Wang Wenbin, a spokesman for the Foreign Ministry, outlined proposals delivered at the Global Sovereign Debt Roundtable, providing fresh insight into China’s demands to find a solution to the debt crisis

China three point plan for debt relief

  • “First, multilateral creditors need to come up with solutions on their participation in debt treatment as soon as possible
  • “Second, the International Monetary Fund needs to takes action in information sharing on debt sustainability assessments as soon as possible.
  • “Third, parties concerned need to agree on the specific way for creditors to participate on comparable terms as soon as possible.”

Conclusion

While America frets about Taiwan and computer chips, China is getting the job done waging economic efforts to replace the legacy institutions set up by the West after WW2 (1940’s).

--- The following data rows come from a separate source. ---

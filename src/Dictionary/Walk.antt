-- ===== src/Dictionary/Walk.antt =====
-- Where a key stands: the walk of a reader, as a function of the tables alone.
use java_profiler.Base.{
  ℕ, zero, suc, ◌+◌, ◌%◌, ◌≤◌, ◌<◌, false, ◌≡◌, refl, ◌∙◌, List, Option, none, some, arith,
}
use java_profiler.Dictionary.{
  cells, row_count, DictRow, Dictionary, index, Scan, found, free, absent, scan, rotate, row_at,
}

pub after_scan : Dictionary → ℕ → ℕ → (ℕ → Option ℕ) → Scan → Option ℕ → Option ℕ
after_scan d t r again (found c) next = some (index (d.tables t) r c)
after_scan d t r again (free c) none = none
after_scan d t r again (free c) (some t') = again t'
after_scan d t r again absent none = none
after_scan d t r again absent (some t') = again t'

-- The number of `key` from table `t` on, or `none`.
unfoldable pub find_from : ℕ → Dictionary → List ℕ → ℕ → ℕ → Option ℕ
find_from zero d key t h = none
find_from (suc fuel) d key t h =
    after_scan d t (h % row_count) (λ t'. find_from fuel d key t' (rotate h))
      (scan false key (row_at d t (h % row_count)).keys cells 0) (row_at d t (h % row_count)).next

pub after_scan_congr :
    (d : Dictionary) (t r : ℕ) (again again' : ℕ → Option ℕ) (s : Scan) (next : Option ℕ)
    → ((t' : ℕ) → next ≡ some t' → again t' ≡ again' t')
    → after_scan d t r again s next ≡ after_scan d t r again' s next
unfolding after_scan
after_scan_congr d t r again again' (found c) next h = refl
after_scan_congr d t r again again' (free c) none h = refl
after_scan_congr d t r again again' (free c) (some t') h = h t' refl
after_scan_congr d t r again again' absent none h = refl
after_scan_congr d t r again again' absent (some t') h = h t' refl

pub index_congr :
    (d d' : Dictionary) (t r c : ℕ)
    → (d'.tables t).base_index ≡ (d.tables t).base_index
    → index (d'.tables t) r c ≡ index (d.tables t) r c
unfolding index
index_congr d d' t r c h = rw h

after_scan_base :
    (d d' : Dictionary) (t r : ℕ) (again : ℕ → Option ℕ) (s : Scan) (next : Option ℕ)
    → (d'.tables t).base_index ≡ (d.tables t).base_index
    → after_scan d' t r again s next ≡ after_scan d t r again s next
unfolding after_scan index
after_scan_base d d' t r again (found c) next h = rw h
after_scan_base d d' t r again (free c) none h = refl
after_scan_base d d' t r again (free c) (some t') h = refl
after_scan_base d d' t r again absent none h = refl
after_scan_base d d' t r again absent (some t') h = refl

-- Links lead to tables that were allocated later.
abbrev pub IsLinked : Dictionary → Type 0
IsLinked d = (t r t' : ℕ) → (row_at d t r).next ≡ some t' → (t < t') × (t' < d.allocated)

-- A scan that only reads never finds a cell to fill.
pub scan-ne-free :
    (key : List ℕ) (keys : ℕ → Option (List ℕ)) (left c k : ℕ)
    → scan false key keys left c ≡ free k
    → ⊥
unfolding scan
scan-ne-free key keys zero c k e = cc
scan-ne-free key keys (suc left) c k e = ground (arith, scan-ne-free key keys left (c + 1) k)

module _ (d : Dictionary) (linked : IsLinked d) (key : List ℕ) where
  -- Fuel for all the tables from `t` on gives one result, however much there is.
  pub find_from_fuel :
      (f g t h : ℕ)
      → t < d.allocated
      → d.allocated ≤ f + t
      → d.allocated ≤ g + t
      → find_from f d key t h ≡ find_from g d key t h
  unfolding find_from
  find_from_fuel zero g t h lt p q = absurd (omega arith)
  find_from_fuel (suc f) zero t h lt p q = absurd (omega arith)
  find_from_fuel (suc f) (suc g) t h lt p q = after_scan_congr d t (h % row_count) _ _ _ _ (λ t' e.
      let (up, inside) = linked t (h % row_count) t' e in
      find_from_fuel f g t' (rotate h) inside (omega arith) (omega arith))

-- The four ways a row can send the walk.
module _ (f : ℕ) (d : Dictionary) (key : List ℕ) (t h : ℕ) where
  abbrev row : DictRow
  row = row_at d t (h % row_count)

  pub find_from_found :
      (c : ℕ)
      → scan false key row.keys cells 0 ≡ found c
      → find_from (suc f) d key t h ≡ some (index (d.tables t) (h % row_count) c)
  unfolding find_from after_scan
  find_from_found c e = rw e

  pub find_from_end :
      scan false key row.keys cells 0 ≡ absent
      → row.next ≡ none
      → find_from (suc f) d key t h ≡ none
  unfolding find_from after_scan
  find_from_end e n = rw (e, n)

  pub find_from_next :
      (t' : ℕ)
      → scan false key row.keys cells 0 ≡ absent
      → row.next ≡ some t'
      → find_from (suc f) d key t h ≡ find_from f d key t' (rotate h)
  unfolding find_from after_scan
  find_from_next t' e n = rw (e, n)

-- Two dictionaries whose walks agree at this row and behind it.
pub find_from_congr :
    (f : ℕ) (d d' : Dictionary) (key : List ℕ) (t h : ℕ)
    → scan false key (row_at d' t (h % row_count)).keys cells 0
      ≡ scan false key (row_at d t (h % row_count)).keys cells 0
    → (row_at d' t (h % row_count)).next ≡ (row_at d t (h % row_count)).next
    → (d'.tables t).base_index ≡ (d.tables t).base_index
    → ((t' : ℕ)
        → (row_at d t (h % row_count)).next ≡ some t'
        → find_from f d' key t' (rotate h) ≡ find_from f d key t' (rotate h))
    → find_from (suc f) d' key t h ≡ find_from (suc f) d key t h
unfolding find_from
find_from_congr f d d' key t h scans nexts bases rest =
    rw (scans, nexts)
      (after_scan_base d d' t (h % row_count) _ _ _ bases
        ∙ after_scan_congr d t (h % row_count) _ _ _ _ rest)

The China solution happens to address a debt crisis associated with their Betlt and Road initiative.

The Chinese efforts are shrewd and have a strong thread of pragmatism which is easily understood by Middle Powers. China has solutions such as NDB (New Development Bank) and associated forums.

The resulting fragmentation of the worlds economic system following the increased isolation of US and the realisation by China and Middle Powers that they can fast track the support needed for their countries will change the way Western Banks and governments operate.

This explains Macrons comments and point to another risk to EU as a cohesive bloc.

More analysis and fact gathering needed.

Footnote More on Summers quoted words.

Summers Warns US Is Getting ‘Lonely’ as Other Powers Band Together

Deepening links between the Middle East and Russia and China — which recently brokered a rapprochement between Saudi Arabia and Iran — are “a symbol of something that I think is a huge challenge for the United States,” Summers said.

“We are on the right side of history — with our commitment to democracy, with our resistance to aggression in Russia,” he said. “But it’s looking a bit lonely on the right side of history, as those who seem much less on the right side of history are increasingly banding together in a whole range of structures.”

Washington will need to consider how to address this new challenge, he added. The structures of the IMF and World Bank will also be a key longer-term issue, he said. “If the Bretton Woods system is not delivering strongly around the world, there are going to be serious challenges and proposed alternatives.”